● **Exercise directions**
Output must match the data below exactly from its first line through the line that contains "insert_by x [] = x ∷ []", with no other line.

Stored data entries
══════════════════════════════

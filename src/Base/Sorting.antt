-- ===== src/Base/Sorting.antt =====
-- Python's `sorted` and `set` on texts: insertion sort by code points, without repetition.
use Prim.Native.String.{String, compare}
use Prim.Native.Nat.{Ordering}
use mathlib.Core.Path.{◌≡◌, refl}
use mathlib.Core.Bool.{Bool, true, false, ◌||◌}
use mathlib.Core.List.{List, [], ◌∷◌}
use native.Mathlib.Omega.{arith}
use text.Mathlib.Text.{◌==◌}
use ai_factory.Base.Tests.{if◌then◌else◌}
use ai_factory.Base.Lists.{contains}

-- `s <= t`.
abbrev pub text_le : String → String → Bool
text_le s t = elim (compare s t) [ Ordering.gt ↦ false | _ ↦ true ]

-- `s < t`.
abbrev pub text_lt : String → String → Bool
text_lt s t = elim (compare s t) [ Ordering.lt ↦ true | _ ↦ false ]

-- Insertion sort that keeps the order of equals, `ORDER BY`: `after x y` says that `x` has to stand
-- behind `y`.
module _ {ℓ} {A : Type ℓ} (after : A → A → Bool) where
  unfoldable pub insert_by : A → List A → List A
  insert_by x [] = x ∷ []
  insert_by x (y ∷ ys) = let rest = insert_by x ys in if after x y then y ∷ rest else x ∷ y ∷ ys

  unfoldable pub sort_by : List A → List A
  unfolding insert_by
  sort_by [] = []
  sort_by (x ∷ xs) = insert_by x (sort_by xs)

unfoldable pub insert_sorted : String → List String → List String
insert_sorted x [] = x ∷ []
insert_sorted x (y ∷ ys) = if text_le x y then x ∷ y ∷ ys else y ∷ insert_sorted x ys

unfoldable pub sorted : List String → List String
unfolding insert_sorted
sorted [] = []
sorted (x ∷ xs) = insert_sorted x (sorted xs)

-- `set(xs)`, as a list without repetition.
unfoldable pub distinct : List String → List String
distinct [] = []
distinct (x ∷ xs) = let rest = distinct xs in if contains x xs then rest else x ∷ rest

contains-insert_sorted :
    (a x : String) (xs : List String) → contains a (insert_sorted x xs) ≡ (a == x || contains a xs)
unfolding insert_sorted
contains-insert_sorted a x [] = refl
contains-insert_sorted a x (y ∷ ys) = ground (arith, contains-insert_sorted a x ys)

-- Sorting keeps the elements.
pub contains-sorted : (a : String) (xs : List String) → contains a (sorted xs) ≡ contains a xs
unfolding sorted
contains-sorted a [] = refl
contains-sorted a (x ∷ xs) =
    ground (arith, contains-insert_sorted a x (sorted xs), contains-sorted a xs)

insert_sorted-ne-nil : (x : String) (xs : List String) → insert_sorted x xs ≡ [] → ⊥
unfolding insert_sorted
insert_sorted-ne-nil x [] h = cc h
insert_sorted-ne-nil x (y ∷ ys) h = ground arith

-- What sorts to nothing is nothing.
pub sorted-nil : (xs : List String) → sorted xs ≡ [] → xs ≡ []
unfolding sorted
sorted-nil [] h = refl
sorted-nil (x ∷ xs) h = absurd (insert_sorted-ne-nil x (sorted xs) h)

══════════════════════════════

● **Answer box**
filename src/Base/Sorting.antt
-- ===== src/Base/Sorting.antt =====
-- Python's `sorted` and `set` on texts: insertion sort by code points, without repetition.
use Prim.Native.String.{String, compare}
use Prim.Native.Nat.{Ordering}
use mathlib.Core.Path.{◌≡◌, refl}
use mathlib.Core.Bool.{Bool, true, false, ◌||◌}
use mathlib.Core.List.{List, [], ◌∷◌}
use native.Mathlib.Omega.{arith}
use text.Mathlib.Text.{◌==◌}
use ai_factory.Base.Tests.{if◌then◌else◌}
use ai_factory.Base.Lists.{contains}

-- `s <= t`.
abbrev pub text_le : String → String → Bool
text_le s t = elim (compare s t) [ Ordering.gt ↦ false | _ ↦ true ]

-- `s < t`.
abbrev pub text_lt : String → String → Bool
text_lt s t = elim (compare s t) [ Ordering.lt ↦ true | _ ↦ false ]

-- Insertion sort that keeps the order of equals, `ORDER BY`: `after x y` says that `x` has to stand
-- behind `y`.
module _ {ℓ} {A : Type ℓ} (after : A → A → Bool) where
  unfoldable pub insert_by : A → List A → List A
  insert_by x [] = x ∷ []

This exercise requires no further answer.